EXERCISE DESCRIPTION: Only the lines below starting at the one that contains "queued_cases sent bytes (write_cryptpacket" and ending at the one that contains "rw (fg.no_sent, none_handed)" are to be reproduced, exactly and with both ends kept.

(Beginning of SUPPLIED RECORDS)

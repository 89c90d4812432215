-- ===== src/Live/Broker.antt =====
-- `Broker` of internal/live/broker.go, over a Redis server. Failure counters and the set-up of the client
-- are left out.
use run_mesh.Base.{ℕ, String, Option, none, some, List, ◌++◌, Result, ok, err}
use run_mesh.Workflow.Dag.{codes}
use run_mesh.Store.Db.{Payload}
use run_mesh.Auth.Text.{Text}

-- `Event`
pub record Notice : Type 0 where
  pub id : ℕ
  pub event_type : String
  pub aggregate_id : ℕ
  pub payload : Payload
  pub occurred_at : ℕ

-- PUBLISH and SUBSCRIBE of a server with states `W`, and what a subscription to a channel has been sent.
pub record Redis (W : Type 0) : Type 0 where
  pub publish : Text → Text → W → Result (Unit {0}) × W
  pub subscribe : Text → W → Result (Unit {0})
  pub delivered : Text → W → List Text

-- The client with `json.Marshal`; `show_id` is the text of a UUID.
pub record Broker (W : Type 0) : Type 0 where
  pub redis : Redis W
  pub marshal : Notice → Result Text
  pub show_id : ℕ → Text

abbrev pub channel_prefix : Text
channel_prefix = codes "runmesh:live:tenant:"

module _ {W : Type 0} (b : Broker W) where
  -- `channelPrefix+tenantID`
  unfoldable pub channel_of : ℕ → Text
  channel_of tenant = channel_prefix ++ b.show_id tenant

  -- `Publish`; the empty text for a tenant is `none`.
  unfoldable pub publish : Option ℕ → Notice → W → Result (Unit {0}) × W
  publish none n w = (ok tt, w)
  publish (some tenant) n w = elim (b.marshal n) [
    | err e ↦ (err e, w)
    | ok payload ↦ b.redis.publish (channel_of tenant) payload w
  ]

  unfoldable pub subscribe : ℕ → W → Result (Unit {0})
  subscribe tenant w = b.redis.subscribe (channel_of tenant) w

(End of SUPPLIED RECORDS)
(Beginning of SUPPLIED RECORDS)

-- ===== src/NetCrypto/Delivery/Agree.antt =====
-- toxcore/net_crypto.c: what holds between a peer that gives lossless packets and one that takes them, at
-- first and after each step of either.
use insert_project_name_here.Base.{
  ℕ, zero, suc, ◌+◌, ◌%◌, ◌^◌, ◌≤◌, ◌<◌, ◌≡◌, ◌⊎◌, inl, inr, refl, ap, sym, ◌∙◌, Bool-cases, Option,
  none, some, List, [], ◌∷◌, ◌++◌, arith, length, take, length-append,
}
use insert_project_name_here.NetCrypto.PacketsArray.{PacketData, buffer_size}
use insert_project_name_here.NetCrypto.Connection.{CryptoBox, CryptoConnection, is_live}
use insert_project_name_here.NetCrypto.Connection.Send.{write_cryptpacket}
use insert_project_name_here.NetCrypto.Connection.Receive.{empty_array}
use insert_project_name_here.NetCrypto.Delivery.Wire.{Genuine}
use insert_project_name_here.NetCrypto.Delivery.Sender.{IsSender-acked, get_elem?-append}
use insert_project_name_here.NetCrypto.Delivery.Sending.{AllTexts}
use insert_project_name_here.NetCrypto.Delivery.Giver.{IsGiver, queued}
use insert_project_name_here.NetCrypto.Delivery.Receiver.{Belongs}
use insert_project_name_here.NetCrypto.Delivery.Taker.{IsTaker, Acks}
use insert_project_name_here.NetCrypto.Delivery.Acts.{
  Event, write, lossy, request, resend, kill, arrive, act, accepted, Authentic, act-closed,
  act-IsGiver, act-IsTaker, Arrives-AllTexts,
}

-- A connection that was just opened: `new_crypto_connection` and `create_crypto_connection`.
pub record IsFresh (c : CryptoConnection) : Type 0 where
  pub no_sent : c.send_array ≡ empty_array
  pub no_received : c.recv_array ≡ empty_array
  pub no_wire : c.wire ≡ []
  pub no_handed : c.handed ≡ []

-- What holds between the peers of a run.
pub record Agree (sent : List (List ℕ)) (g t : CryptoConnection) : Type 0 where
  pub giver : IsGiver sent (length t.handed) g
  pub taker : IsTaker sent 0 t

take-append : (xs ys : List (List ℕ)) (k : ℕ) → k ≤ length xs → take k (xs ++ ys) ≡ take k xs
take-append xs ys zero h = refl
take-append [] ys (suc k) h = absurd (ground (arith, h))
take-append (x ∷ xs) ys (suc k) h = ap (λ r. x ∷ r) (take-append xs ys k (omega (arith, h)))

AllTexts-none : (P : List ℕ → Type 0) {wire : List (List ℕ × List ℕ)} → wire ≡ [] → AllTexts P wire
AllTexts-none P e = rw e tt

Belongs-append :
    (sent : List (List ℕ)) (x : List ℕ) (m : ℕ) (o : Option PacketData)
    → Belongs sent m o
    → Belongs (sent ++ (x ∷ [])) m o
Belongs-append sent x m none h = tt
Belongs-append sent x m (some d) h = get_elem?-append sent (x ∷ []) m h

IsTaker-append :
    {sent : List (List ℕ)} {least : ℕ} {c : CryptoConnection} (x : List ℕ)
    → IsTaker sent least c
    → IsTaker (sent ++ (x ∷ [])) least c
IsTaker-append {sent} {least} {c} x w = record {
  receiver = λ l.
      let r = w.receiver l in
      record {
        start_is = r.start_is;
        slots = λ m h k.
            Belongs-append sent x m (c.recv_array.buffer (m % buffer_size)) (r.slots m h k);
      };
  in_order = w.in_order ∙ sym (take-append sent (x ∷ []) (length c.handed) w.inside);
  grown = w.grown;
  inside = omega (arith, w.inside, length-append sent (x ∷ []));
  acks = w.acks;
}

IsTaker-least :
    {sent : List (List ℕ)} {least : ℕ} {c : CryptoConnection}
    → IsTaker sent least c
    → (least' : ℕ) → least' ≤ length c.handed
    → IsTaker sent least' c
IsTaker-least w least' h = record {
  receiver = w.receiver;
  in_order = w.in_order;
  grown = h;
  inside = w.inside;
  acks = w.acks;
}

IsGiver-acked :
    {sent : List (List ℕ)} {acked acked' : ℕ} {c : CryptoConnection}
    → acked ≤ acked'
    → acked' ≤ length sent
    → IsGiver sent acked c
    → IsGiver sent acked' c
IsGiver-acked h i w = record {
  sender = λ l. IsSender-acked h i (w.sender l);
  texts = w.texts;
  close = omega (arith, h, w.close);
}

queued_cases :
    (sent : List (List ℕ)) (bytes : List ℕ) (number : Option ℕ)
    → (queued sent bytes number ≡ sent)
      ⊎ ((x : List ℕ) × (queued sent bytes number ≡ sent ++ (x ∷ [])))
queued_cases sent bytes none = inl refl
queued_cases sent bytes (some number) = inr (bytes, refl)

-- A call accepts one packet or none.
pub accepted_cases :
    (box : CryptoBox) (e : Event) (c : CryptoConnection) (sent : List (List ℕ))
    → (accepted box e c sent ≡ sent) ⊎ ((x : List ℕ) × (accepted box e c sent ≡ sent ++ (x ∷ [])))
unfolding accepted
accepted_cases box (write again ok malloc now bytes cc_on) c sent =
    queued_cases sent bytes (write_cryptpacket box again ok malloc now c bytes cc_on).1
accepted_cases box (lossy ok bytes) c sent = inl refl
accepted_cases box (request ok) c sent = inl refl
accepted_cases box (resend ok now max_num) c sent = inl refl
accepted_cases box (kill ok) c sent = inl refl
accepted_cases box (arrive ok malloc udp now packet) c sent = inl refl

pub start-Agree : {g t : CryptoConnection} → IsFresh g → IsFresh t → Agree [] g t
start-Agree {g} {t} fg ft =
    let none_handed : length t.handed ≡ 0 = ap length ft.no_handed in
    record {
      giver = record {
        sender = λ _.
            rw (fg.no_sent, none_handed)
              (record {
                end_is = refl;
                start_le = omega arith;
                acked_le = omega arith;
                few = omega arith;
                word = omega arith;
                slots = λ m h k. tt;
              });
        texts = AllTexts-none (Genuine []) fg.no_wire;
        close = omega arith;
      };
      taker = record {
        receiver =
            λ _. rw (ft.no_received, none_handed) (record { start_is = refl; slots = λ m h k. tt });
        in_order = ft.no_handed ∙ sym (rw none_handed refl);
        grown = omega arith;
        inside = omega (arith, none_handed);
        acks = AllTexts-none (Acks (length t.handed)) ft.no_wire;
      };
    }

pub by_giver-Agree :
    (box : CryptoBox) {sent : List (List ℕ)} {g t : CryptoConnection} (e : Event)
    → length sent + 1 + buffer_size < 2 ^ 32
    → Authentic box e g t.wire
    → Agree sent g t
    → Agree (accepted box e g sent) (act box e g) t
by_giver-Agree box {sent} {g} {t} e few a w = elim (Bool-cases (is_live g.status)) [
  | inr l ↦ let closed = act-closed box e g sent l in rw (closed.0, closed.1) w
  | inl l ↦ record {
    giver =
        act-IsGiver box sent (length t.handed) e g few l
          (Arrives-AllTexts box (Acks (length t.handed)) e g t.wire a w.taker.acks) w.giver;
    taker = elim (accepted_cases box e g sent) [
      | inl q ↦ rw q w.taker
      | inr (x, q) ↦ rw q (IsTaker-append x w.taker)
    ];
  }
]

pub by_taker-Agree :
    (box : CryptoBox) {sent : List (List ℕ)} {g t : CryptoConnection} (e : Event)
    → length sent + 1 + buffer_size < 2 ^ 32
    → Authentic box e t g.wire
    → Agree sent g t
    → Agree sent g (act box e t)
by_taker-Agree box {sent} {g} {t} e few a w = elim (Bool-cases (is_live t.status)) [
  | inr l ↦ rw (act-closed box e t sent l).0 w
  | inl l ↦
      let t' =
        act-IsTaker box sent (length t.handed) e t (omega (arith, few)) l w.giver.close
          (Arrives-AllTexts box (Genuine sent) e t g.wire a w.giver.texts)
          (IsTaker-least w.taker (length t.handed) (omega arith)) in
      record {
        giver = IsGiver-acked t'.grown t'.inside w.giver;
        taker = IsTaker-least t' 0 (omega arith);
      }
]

(End of SUPPLIED RECORDS)
(Beginning of SUPPLIED RECORDS)

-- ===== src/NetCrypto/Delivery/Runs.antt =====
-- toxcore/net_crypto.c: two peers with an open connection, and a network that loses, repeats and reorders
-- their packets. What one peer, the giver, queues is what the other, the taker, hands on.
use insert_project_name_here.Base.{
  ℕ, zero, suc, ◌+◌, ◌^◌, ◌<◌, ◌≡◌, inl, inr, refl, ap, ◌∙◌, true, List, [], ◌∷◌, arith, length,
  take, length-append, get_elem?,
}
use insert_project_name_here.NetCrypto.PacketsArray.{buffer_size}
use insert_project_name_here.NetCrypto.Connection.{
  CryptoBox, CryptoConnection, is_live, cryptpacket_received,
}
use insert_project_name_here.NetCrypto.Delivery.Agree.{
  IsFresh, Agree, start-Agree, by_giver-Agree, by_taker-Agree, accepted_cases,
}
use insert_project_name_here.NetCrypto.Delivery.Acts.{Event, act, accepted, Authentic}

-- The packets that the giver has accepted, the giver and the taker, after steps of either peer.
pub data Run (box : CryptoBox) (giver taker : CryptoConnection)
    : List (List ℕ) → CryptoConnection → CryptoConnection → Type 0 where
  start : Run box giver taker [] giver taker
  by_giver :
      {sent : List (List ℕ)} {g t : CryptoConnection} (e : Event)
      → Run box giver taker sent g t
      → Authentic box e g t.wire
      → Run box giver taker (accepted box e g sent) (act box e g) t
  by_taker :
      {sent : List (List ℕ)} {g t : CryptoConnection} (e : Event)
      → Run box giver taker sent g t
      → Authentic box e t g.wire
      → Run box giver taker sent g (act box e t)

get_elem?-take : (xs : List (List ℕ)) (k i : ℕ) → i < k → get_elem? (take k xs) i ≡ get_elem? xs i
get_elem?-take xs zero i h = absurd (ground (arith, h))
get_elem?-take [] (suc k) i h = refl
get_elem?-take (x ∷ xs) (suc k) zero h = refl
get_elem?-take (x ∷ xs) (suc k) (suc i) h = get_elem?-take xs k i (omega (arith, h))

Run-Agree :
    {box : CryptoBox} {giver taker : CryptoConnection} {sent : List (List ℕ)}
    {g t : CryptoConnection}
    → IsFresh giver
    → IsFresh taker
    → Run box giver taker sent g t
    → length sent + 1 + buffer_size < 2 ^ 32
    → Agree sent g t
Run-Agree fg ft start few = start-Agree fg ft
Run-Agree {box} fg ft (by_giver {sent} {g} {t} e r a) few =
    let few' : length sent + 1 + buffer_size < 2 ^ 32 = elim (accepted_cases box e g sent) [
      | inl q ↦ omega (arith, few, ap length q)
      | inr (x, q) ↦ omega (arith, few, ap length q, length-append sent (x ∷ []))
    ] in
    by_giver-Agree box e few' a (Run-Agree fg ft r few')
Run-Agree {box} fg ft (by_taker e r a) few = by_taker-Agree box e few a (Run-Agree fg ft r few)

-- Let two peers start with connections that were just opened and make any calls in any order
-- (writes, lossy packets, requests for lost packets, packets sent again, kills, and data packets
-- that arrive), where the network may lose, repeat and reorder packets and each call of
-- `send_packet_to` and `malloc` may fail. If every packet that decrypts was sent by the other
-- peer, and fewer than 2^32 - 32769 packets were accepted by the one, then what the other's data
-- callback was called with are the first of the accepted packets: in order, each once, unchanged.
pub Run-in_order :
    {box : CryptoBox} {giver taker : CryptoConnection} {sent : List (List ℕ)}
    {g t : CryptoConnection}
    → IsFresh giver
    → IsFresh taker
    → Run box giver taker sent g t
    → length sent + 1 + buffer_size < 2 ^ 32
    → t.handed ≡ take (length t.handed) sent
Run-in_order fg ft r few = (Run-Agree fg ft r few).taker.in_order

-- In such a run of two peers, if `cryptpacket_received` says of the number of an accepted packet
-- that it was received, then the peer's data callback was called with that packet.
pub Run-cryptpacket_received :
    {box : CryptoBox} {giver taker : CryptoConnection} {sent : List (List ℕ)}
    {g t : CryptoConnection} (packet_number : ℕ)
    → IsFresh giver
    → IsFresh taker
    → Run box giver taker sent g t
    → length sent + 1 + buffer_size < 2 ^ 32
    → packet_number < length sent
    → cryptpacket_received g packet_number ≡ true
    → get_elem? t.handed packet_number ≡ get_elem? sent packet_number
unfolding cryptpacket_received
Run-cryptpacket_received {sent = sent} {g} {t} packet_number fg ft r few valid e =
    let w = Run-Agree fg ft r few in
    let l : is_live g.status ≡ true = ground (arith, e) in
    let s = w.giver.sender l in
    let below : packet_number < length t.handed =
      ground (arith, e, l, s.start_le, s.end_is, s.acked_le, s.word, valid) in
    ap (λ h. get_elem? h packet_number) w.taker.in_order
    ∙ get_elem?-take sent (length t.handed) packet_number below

(End of SUPPLIED RECORDS)

RESULT OF THIS TASK:
    queued_cases sent bytes (write_cryptpacket box again ok malloc now c bytes cc_on).1
accepted_cases box (lossy ok bytes) c sent = inl refl
accepted_cases box (request ok) c sent = inl refl
accepted_cases box (resend ok now max_num) c sent = inl refl
accepted_cases box (kill ok) c sent = inl refl
accepted_cases box (arrive ok malloc udp now packet) c sent = inl refl

pub start-Agree : {g t : CryptoConnection} → IsFresh g → IsFresh t → Agree [] g t
start-Agree {g} {t} fg ft =
    let none_handed : length t.handed ≡ 0 = ap length ft.no_handed in
    record {
      giver = record {
        sender = λ _.
            rw (fg.no_sent, none_handed)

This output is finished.